Involvement of antioxidant defenses and nf-κb/erk signaling in anti-inflammatory effects of pterostilbene, a natural analogue of resveratrol

Pterostilbene (PTE), a natural stilbenoid occurring in grapes and berries, is recognized as a dimethylated analogue of resveratrol. This compound shows numerous notable pharmacological activities, including antiaging, anticancer, antidiabetes, antioxidant, and neuroprotection. This study investigates the anti-inflammatory properties of PTE in macrophage cells (RAW 264.7) against the lipoteichoic acid (LTA) stimulation. The expression of inflammatory tumor necrosis factor (TNF-α), interleukin-1β (IL-1 β), and inducible nitric oxide synthase (iNOS) and the content of nitric oxide (NO) were detected in LTA-induced cells. In addition, a Western blot assay was used to detect mitogen-activated protein kinases: extracellular signal-regulated kinase (ERK)1/2, p38 MAPK, and c-Jun N-terminal kinase (JNK). The phosphorylation of IκB and p65 and translocation of nuclear factor kappa B (NF-κB) were assessed by Western blot and immuno-fluorescence staining. The results showed that PTE significantly attenuated NO production and TNF-α, IL-1 β, and iNOS expression in LTA stimulated cells.

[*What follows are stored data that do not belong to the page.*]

-- ===== src/NcServer/Loop.antt =====
-- internal/ncserver/session.go: the hellos and the loop of one session. What happens around the session
-- while it waits is given round by round, as a list of turns.
pub mod Answers
pub mod Greeting
mod Tests
use go_lab_netconf.Base.{
  Bytes, String, str_eq, Bool, true, false, ◌||◌, ◌&&◌, List, [], ◌∷◌, ◌++◌, Option, none, some,
  if◌then◌else◌,
}
use go_lab_netconf.DomainErr.{AnyError}
use go_lab_netconf.Framing
use go_lab_netconf.Framing.{Version, version10, version11, eof}
use go_lab_netconf.Framing.Reader.{Reader, new_reader, set_version, read_message}
use go_lab_netconf.NcRpc.{
  Rpc, Reply, Hello, Message, Parsed, parsed, failed, cap_base11, advertised_capabilities,
}
use go_lab_netconf.NcRpc.Encode.{Xml, encode_hello, encode_reply}
use go_lab_netconf.NcRpc.Decode.{XmlDecoder, Tokens, decode}
use go_lab_netconf.Datastore.Yang.{Tree}
use go_lab_netconf.Datastore.{Handle, Event}
use go_lab_netconf.NcServer.{Codec, Session, Dispatched, dispatch, rpc_err}

-- encoding/xml: the writer, the tokens of a document with the error behind them, what is read of an
-- element, and the text for a root that is not known.
pub record Wire : Type 0 where
  pub xml : Xml
  pub tokens : Bytes → Tokens × Option String
  pub decoder : XmlDecoder
  pub unexpected : String → String

unfoldable pub decode_message : Wire → Bytes → Parsed Message
decode_message W raw = let (ts, ending) = W.tokens raw in decode W.decoder ending W.unexpected ts

has_cap : List String → String → Bool
has_cap [] want = false
has_cap (c ∷ caps) want = str_eq c want || has_cap caps want

-- What the session finds in one round of its loop: the context's error at the loop's head and at the
-- request, the ids of the live sessions, what other sessions have done to the handle, and whether a
-- write fails because the connection was closed.
pub record Turn (T : Tree) : Type 0 where
  pub ctx_error : Option AnyError
  pub request_error : Option AnyError
  pub live : List String
  pub others : Handle T → Handle T
  pub broken : Bool

-- The errors that `run` returns.
pub data RunError : Type 0 where
  cancelled : AnyError → RunError
  reading : Framing.Error → RunError
  coding : String → RunError
  writing : Framing.Error → RunError
  expected_hello closed : RunError

-- The connection's reader and version, the datastore, the frames that were written, and the events
-- and the cancelled sessions, all in order.
pub record Conn (T : Tree) : Type 0 where
  pub reader : Reader
  pub ver : Version
  pub handle : Handle T
  pub frames : List Bytes
  pub events : List (Option Event × Option String)

-- The session waits when there are no more turns; it ends with nil or with an error.
pub data Ended : Type 0 where
  waits : Ended
  ended : Option RunError → Ended

pub data Framed : Type 0 where
  framed : Bytes → Framed
  lost : RunError → Framed

-- The end of the input between two messages is no error.
end_of_input : Framing.Error → Option RunError
end_of_input eof = none
end_of_input e = some (reading e)

-- The answer to one message, and whether the session ends with it.
pub record Response (T : Tree) : Type 0 where
  pub dispatched : Dispatched T
  pub last : Bool

module _ (T : Tree) (C : Codec T) (W : Wire) (s : Session) where
  malformed : Handle T → String → Response T
  malformed h message = record {
    dispatched = record {
      reply = record {
        message_id = "0";
        is_ok = false;
        payload = none;
        errors = rpc_err "rpc" "malformed-message" message ∷ [];
      };
      handle = h;
      event = none;
      cancelled = none;
    };
    last = false;
  }

  respond_rpc : Turn T → Handle T → Option Rpc → Response T
  unfolding malformed
  respond_rpc t h none = malformed h "expected rpc"
  respond_rpc t h (some rpc) = record {
    dispatched = dispatch T C s t.live h t.request_error rpc;
    last = str_eq rpc.name "close-session";
  }

  -- The loop's body between the read and the write.
  unfoldable pub respond : Turn T → Handle T → Bytes → Response T
  unfolding respond_rpc
  respond t h raw = elim (decode_message W raw) [
    | failed e ↦ malformed h e
    | parsed m ↦ respond_rpc t h m.rpc
  ]

  -- `writeReply`: the frame, or the error.
  unfoldable pub frame_reply : Version → Reply → Framed
  frame_reply ver r = elim (encode_reply W.xml r) [
    | failed e ↦ lost (coding e)
    | parsed raw ↦ elim (Framing.write ver raw) [
      | Framing.err e ↦ lost (writing e)
      | Framing.ok frame ↦ framed frame
    ]
  ]

  -- The write of a reply, behind the request's effects; `last` says that the session ends with it.
  unfoldable pub after_frame : Bool → Bool → Conn T → Framed → Option Ended × Conn T
  after_frame broken last c (lost e) = (some (ended (some e)), c)
  after_frame broken last c (framed f) =
      if broken
      then (some (ended (some closed)), c)
      else (if last then some (ended none) else none, record c { frames = c.frames ++ f ∷ [] })

  unfoldable pub answer : Turn T → Conn T → Bytes → Option Ended × Conn T
  unfolding respond frame_reply after_frame
  answer t c raw =
      let r = respond t (t.others c.handle) raw in
      let d = r.dispatched in
      after_frame t.broken r.last
        (record c { handle = d.handle; events = c.events ++ (d.event, d.cancelled) ∷ [] })
        (frame_reply c.ver d.reply)

  unfoldable pub after_read :
      Turn T → Conn T → Framing.Result Bytes × Reader → Option Ended × Conn T
  unfolding answer end_of_input
  after_read t c (Framing.err e, reader) =
      (some (ended (end_of_input e)), record c { reader = reader })
  after_read t c (Framing.ok raw, reader) = answer t (record c { reader = reader }) raw

  unfoldable pub unless_cancelled :
      Option AnyError → Conn T → Option Ended × Conn T → Option Ended × Conn T
  unless_cancelled (some e) c next = (some (ended (some (cancelled e))), c)
  unless_cancelled none c next = next

  -- One round of the loop, and how the session ends if it ends with it.
  unfoldable pub round : Turn T → Conn T → Option Ended × Conn T
  unfolding after_read unless_cancelled
  round t c = unless_cancelled t.ctx_error c (after_read t c (read_message c.reader))

  unfoldable pub loop : List (Turn T) → Conn T → Ended × Conn T
  unfolding round
  loop [] c = (waits, c)
  loop (t ∷ ts) c = let (e, c') = round t c in elim e [ some e ↦ (e, c') | none ↦ loop ts c' ]

  -- The session goes on with 1.1 frames if both sides have base:1.1.
  unfoldable pub negotiate : Conn T → Hello → Conn T
  unfolding has_cap
  negotiate c hello =
      if has_cap advertised_capabilities cap_base11 && has_cap hello.capabilities cap_base11
      then record c { ver = version11; reader = set_version c.reader version11 }
      else c

  -- From the client's first message on, which is to be a hello.
  unfoldable pub greet_message : List (Turn T) → Conn T → Parsed Message → Ended × Conn T
  unfolding loop negotiate
  greet_message ts c (failed e) = (ended (some (coding e)), c)
  greet_message ts c (parsed m) = elim m.hello [
    | none ↦ (ended (some expected_hello), c)
    | some hello ↦ loop ts (negotiate c hello)
  ]

  unfoldable pub greet : List (Turn T) → Conn T → Framing.Result Bytes × Reader → Ended × Conn T
  unfolding greet_message
  greet ts c (Framing.err e, reader) = (ended (some (reading e)), record c { reader = reader })
  greet ts c (Framing.ok raw, reader) =
      greet_message ts (record c { reader = reader }) (decode_message W raw)

  -- The write of the server's hello.
  unfoldable pub after_hello : Bool → List (Turn T) → Conn T → Framing.Result Bytes → Ended × Conn T
  unfolding greet
  after_hello broken ts c (Framing.err e) = (ended (some (writing e)), c)
  after_hello broken ts c (Framing.ok frame) =
      if broken
      then (ended (some closed), c)
      else greet ts (record c { frames = frame ∷ [] }) (read_message c.reader)

  -- `run` on the bytes that the client sends and the error behind them; `broken` says that the first
  -- write fails.
  unfoldable pub run : Bytes → Framing.Error → Handle T → Bool → List (Turn T) → Ended × Conn T
  unfolding after_hello
  run input ending h broken ts =
      let c : Conn T = record {
        reader = new_reader input ending version10;
        ver = version10;
        handle = h;
        frames = [];
        events = [];
      } in
      let hello : Hello = record { capabilities = advertised_capabilities; session_id = s.id } in
      elim (encode_hello W.xml hello) [
        | failed e ↦ (ended (some (coding e)), c)
        | parsed raw ↦ after_hello broken ts c (Framing.write10 raw)
      ]
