-- ===== src/NcServer/Loop/Answers.antt =====
-- What a client of internal/ncserver/session.go gets for the messages that it sends.
use go_lab_netconf.Base.{
  ◌<◌, Bytes, String, Bool, true, false, Bool-cases, inl, inr, ◌⊎◌, List, [], ◌∷◌, ◌++◌, map,
  Option, none, some, ◌≡◌, refl, sym, subst, ap, ◌∙◌, arith, length, All, append_assoc, append-nil,
  if◌then◌else◌,
}
use go_lab_netconf.Framing
use go_lab_netconf.Framing.{Version, version10, version11, eof, max_message_size}
use go_lab_netconf.Framing.Reader.{new_reader, read_message, read10, read11}
use go_lab_netconf.Framing.Eom.RoundTrip.{ends_in_half, read10-write10}
use go_lab_netconf.Framing.Chunks.RoundTrip.{read11-write11}
use go_lab_netconf.NcRpc.{Reply}
use go_lab_netconf.Datastore.Yang.{Tree}
use go_lab_netconf.Datastore.{Handle, Event}
use go_lab_netconf.NcServer.{Codec, Session}
use go_lab_netconf.NcServer.Loop.{
  Wire, Turn, Conn, Ended, ended, framed, respond, frame_reply, answer, round, loop,
  unless_cancelled, after_read, after_frame,
}

-- The context is not ended and the connection is open.
pub record IsQuiet {T : Tree} (t : Turn T) : Type 0 where
  pub running : t.ctx_error ≡ none
  pub open_ : t.broken ≡ false

abbrev pub IsVersion : Version → Type 0
IsVersion ver = (ver ≡ version10) ⊎ (ver ≡ version11)

-- The client's bytes are the frames of its messages; in a 1.0 frame a message does not end in "]]>".
pub data Sends (ver : Version) : List Bytes → Bytes → Type 0 where
  nothing : {input : Bytes} → input ≡ [] → Sends ver [] input
  sends :
      {m frame rest input : Bytes} {ms : List Bytes}
      → Framing.write ver m ≡ Framing.ok frame
      → (ver ≡ version10 → ends_in_half m ≡ false)
      → input ≡ frame ++ rest
      → Sends ver ms rest
      → Sends ver (m ∷ ms) input

pub read_sent :
    (ver : Version) (m frame rest : Bytes)
    → IsVersion ver
    → Framing.write ver m ≡ Framing.ok frame
    → (ver ≡ version10 → ends_in_half m ≡ false)
    → read_message (new_reader (frame ++ rest) eof ver) ≡ (Framing.ok m, new_reader rest eof ver)
unfolding read_message Framing.write
read_sent ver m frame rest (inl e) w whole =
    let w' : Framing.write10 m ≡ Framing.ok frame = rw e at w in
    rw (e, read10-write10 eof m rest w' (whole e)) refl
read_sent ver m frame rest (inr e) w whole =
    let w' : Framing.write11 m ≡ Framing.ok frame = rw e at w in
    rw (e, read11-write11 eof m rest w') refl

read_end :
    (ver : Version)
    → IsVersion ver
    → read_message (new_reader [] eof ver) ≡ (Framing.err eof, new_reader [] eof ver)
unfolding read_message read10 read11
read_end ver (inl e) = rw e refl
read_end ver (inr e) = rw e refl

module _ (T : Tree) (C : Codec T) (W : Wire) (s : Session) where
  -- The replies to the messages, each from what its turn finds and the handle that the ones before it
  -- left, up to the reply that ends the session; and the handle at the end.
  unfoldable pub answers : List (Turn T) → List Bytes → Handle T → List Reply × Handle T
  unfolding respond
  answers [] ms h = ([], h)
  answers (t ∷ ts) [] h = ([], h)
  answers (t ∷ ts) (m ∷ ms) h =
      let r = respond T C W s t (t.others h) m in
      let rest = answers ts ms r.dispatched.handle in
      if r.last
      then (r.dispatched.reply ∷ [], r.dispatched.handle)
      else (r.dispatched.reply ∷ rest.0, rest.1)

  module _ (ver : Version) (v : IsVersion ver) where
    abbrev pub conn : Bytes → Handle T → List Bytes → List (Option Event × Option String) → Conn T
    conn input h frames events = record {
      reader = new_reader input eof ver;
      ver = ver;
      handle = h;
      frames = frames;
      events = events;
    }

    -- A reply that can be framed.
    abbrev pub IsFramed : Reply → Type 0
    IsFramed r = (f : Bytes) × (frame_reply T C W s ver r ≡ framed f)

    round_end :
        (t : Turn T) (h : Handle T) (frames : List Bytes)
        (events : List (Option Event × Option String))
        → IsQuiet t
        → round T C W s t (conn [] h frames events) ≡ (some (ended none), conn [] h frames events)
    unfolding round
    round_end t h frames events q =
        let c = conn [] h frames events in
        ap (λ e. unless_cancelled T C W s e c (after_read T C W s t c (read_message c.reader)))
          q.running
        ∙ ap (after_read T C W s t c) (read_end ver v)

    round_message :
        (t : Turn T) (h : Handle T) (frames : List Bytes)
        (events : List (Option Event × Option String)) (m frame rest f : Bytes)
        → IsQuiet t
        → Framing.write ver m ≡ Framing.ok frame
        → (ver ≡ version10 → ends_in_half m ≡ false)
        → frame_reply T C W s ver (respond T C W s t (t.others h) m).dispatched.reply ≡ framed f
        → round T C W s t (conn (frame ++ rest) h frames events) ≡ (
          if (respond T C W s t (t.others h) m).last then some (ended none) else none,
          conn rest (respond T C W s t (t.others h) m).dispatched.handle (frames ++ f ∷ []) (
              events
              ++ (
                (respond T C W s t (t.others h) m).dispatched.event,
                (respond T C W s t (t.others h) m).dispatched.cancelled,
              )
                ∷ []),
        )
    unfolding round answer
    round_message t h frames events m frame rest f q w whole e =
        let c = conn (frame ++ rest) h frames events in
        let r = respond T C W s t (t.others h) m in
        let done =
          conn rest r.dispatched.handle frames
            (events ++ (r.dispatched.event, r.dispatched.cancelled) ∷ []) in
        ap (λ e. unless_cancelled T C W s e c (after_read T C W s t c (read_message c.reader)))
          q.running
        ∙ ap (after_read T C W s t c) (read_sent ver m frame rest v w whole)
        ∙ ap (after_frame T C W s t.broken r.last done) e
        ∙ ap (λ b. after_frame T C W s b r.last done (framed f)) q.open_

    -- The connection when a message is answered by the frame f.
    abbrev after :
        Turn T
        → Handle T
        → List Bytes
        → List (Option Event × Option String)
        → Bytes
        → Bytes
        → Bytes
        → Conn T
    after t h frames events m rest f =
        let d = (respond T C W s t (t.others h) m).dispatched in
        conn rest d.handle (frames ++ f ∷ []) (events ++ (d.event, d.cancelled) ∷ [])

    loop_step :
        (t : Turn T) (ts : List (Turn T)) (c : Conn T) (next : Option Ended × Conn T)
        → round T C W s t c ≡ next
        → loop T C W s (t ∷ ts) c
          ≡ (elim next.0 [ some e ↦ (e, next.1) | none ↦ loop T C W s ts next.1 ])
    unfolding loop
    loop_step t ts c next p =
        let g : Option Ended × Conn T → Ended × Conn T =
          λ n. elim n.0 [ some e ↦ (e, n.1) | none ↦ loop T C W s ts n.1 ] in
        ap g p

    loop_message :
        (t : Turn T) (ts : List (Turn T)) (h : Handle T) (frames : List Bytes)
        (events : List (Option Event × Option String)) (m frame rest f : Bytes)
        → IsQuiet t
        → Framing.write ver m ≡ Framing.ok frame
        → (ver ≡ version10 → ends_in_half m ≡ false)
        → frame_reply T C W s ver (respond T C W s t (t.others h) m).dispatched.reply ≡ framed f
        → loop T C W s (t ∷ ts) (conn (frame ++ rest) h frames events)
          ≡ (elim (if (respond T C W s t (t.others h) m).last then some (ended none) else none) [
            | some e ↦ (e, after t h frames events m rest f)
            | none ↦ loop T C W s ts (after t h frames events m rest f)
          ])
    loop_message t ts h frames events m frame rest f q w whole e =
        loop_step t ts (conn (frame ++ rest) h frames events)
          (
            if (respond T C W s t (t.others h) m).last then some (ended none) else none,
            after t h frames events m rest f,
          )
          (round_message t h frames events m frame rest f q w whole e)

    -- The session ends without an error; its handle is that of the answers, and the frames that it has
    -- written since are the answers' replies, each framed, in their order.
    pub record Serves (replies : List Reply) (h : Handle T) (frames : List Bytes)
        (result : Ended × Conn T) : Type 0 where
      pub finished : result.0 ≡ ended none
      pub handle : result.1.handle ≡ h
      pub fresh : List Bytes
      pub written : result.1.frames ≡ frames ++ fresh
      pub framed_each : map (frame_reply T C W s ver) replies ≡ map framed fresh

    Serves-cons :
        (r : Reply) (f : Bytes) (replies : List Reply) (h : Handle T) (frames : List Bytes)
        (result : Ended × Conn T)
        → frame_reply T C W s ver r ≡ framed f
        → Serves replies h (frames ++ f ∷ []) result
        → Serves (r ∷ replies) h frames result
    Serves-cons r f replies h frames result e w = record {
      finished = w.finished;
      handle = w.handle;
      fresh = f ∷ w.fresh;
      written = w.written ∙ append_assoc frames (f ∷ []) w.fresh;
      framed_each = rw e (ap (λ l. framed f ∷ l) w.framed_each);
    }

    pub loop-Serves :
        (ts : List (Turn T)) (ms : List Bytes) (h : Handle T) (input : Bytes) (frames : List Bytes)
        (events : List (Option Event × Option String))
        → All IsQuiet ts
        → length ms < length ts
        → Sends ver ms input
        → All IsFramed (answers ts ms h).0
        → Serves
            (answers ts ms h).0
            (answers ts ms h).1
            frames
            (loop T C W s ts (conn input h frames events))
    unfolding answers
    loop-Serves [] ms h input frames events q le sent e = absurd (omega arith)
    loop-Serves (t ∷ ts) [] h input frames events q le (nothing empty) e =
        let c = conn [] h frames events in
        let stops : loop T C W s (t ∷ ts) (conn input h frames events) ≡ (ended none, c) =
          ap (λ i. loop T C W s (t ∷ ts) (conn i h frames events)) empty
          ∙ loop_step t ts c (some (ended none), c) (round_end t h frames events q.0) in
        subst (Serves [] h frames) (sym stops) (record {
          finished = refl;
          handle = refl;
          fresh = [];
          written = sym (append-nil frames);
          framed_each = refl;
        })
    loop-Serves (t ∷ ts) (m ∷ ms) h input frames events q le (sends {frame} {rest} w whole cut more)
          e =
        let r = respond T C W s t (t.others h) m in
        let tail = answers ts ms r.dispatched.handle in
        let choose : Bool → List Reply × Handle T = λ b.
          if b
          then (r.dispatched.reply ∷ [], r.dispatched.handle)
          else (r.dispatched.reply ∷ tail.0, tail.1) in
        let here = conn input h frames events in
        let next = λ (f : Bytes). after t h frames events m rest f in
        elim (Bool-cases r.last) [
          | inl last ↦
              let is : choose r.last ≡ choose true = ap choose last in
              let (f, p) = (subst (λ a. All IsFramed a.0) is e).0 in
              let stops : loop T C W s (t ∷ ts) here ≡ (ended none, next f) =
                ap (λ i. loop T C W s (t ∷ ts) (conn i h frames events)) cut
                ∙ loop_message t ts h frames events m frame rest f q.0 w whole p
                ∙ rw last refl in
              subst (λ a. Serves a.0 a.1 frames (loop T C W s (t ∷ ts) here)) (sym is)
                (subst (Serves (r.dispatched.reply ∷ []) r.dispatched.handle frames) (sym stops)
                  (record {
                    finished = refl;
                    handle = refl;
                    fresh = f ∷ [];
                    written = refl;
                    framed_each = rw p refl;
                  }))
          | inr goes ↦
              let is : choose r.last ≡ choose false = ap choose goes in
              let all = subst (λ a. All IsFramed a.0) is e in
              let (f, p) = all.0 in
              let continues : loop T C W s (t ∷ ts) here ≡ loop T C W s ts (next f) =
                ap (λ i. loop T C W s (t ∷ ts) (conn i h frames events)) cut
                ∙ loop_message t ts h frames events m frame rest f q.0 w whole p
                ∙ rw goes refl in
              let later =
                loop-Serves ts ms r.dispatched.handle rest (frames ++ f ∷ [])
                  (events ++ (r.dispatched.event, r.dispatched.cancelled) ∷ []) q.1 (omega arith)
                  more all.1 in
              subst (λ a. Serves a.0 a.1 frames (loop T C W s (t ∷ ts) here)) (sym is)
                (subst (Serves (r.dispatched.reply ∷ tail.0) tail.1 frames) (sym continues) (
                  Serves-cons r.dispatched.reply f tail.0 tail.1 frames (loop T C W s ts (next f)) p
                    later))
        ]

Among the activation of ERK, JNK, and p38 in cells treated with LTA, PTE at higher concentration had only inhibited ERK activation. However, PTE blocked IκB phosphorylation, phosphorylation and nuclear translocation of p65NF-κB. Fascinatingly, PTE enhanced antioxidant defense molecules as verified by the enhanced heme oxygenase-1 (HO-1) expression, catalase (CAT) antioxidant enzyme, and non-enzymatic antioxidant, and reduced glutathione (GSH) in LTA-induced RAW 264.7 cells. These results suggest that PTE exerts an anti-inflammatory property via attenuating NF-κB/ERK signaling pathways as well as enriching antioxidant defense mechanisms.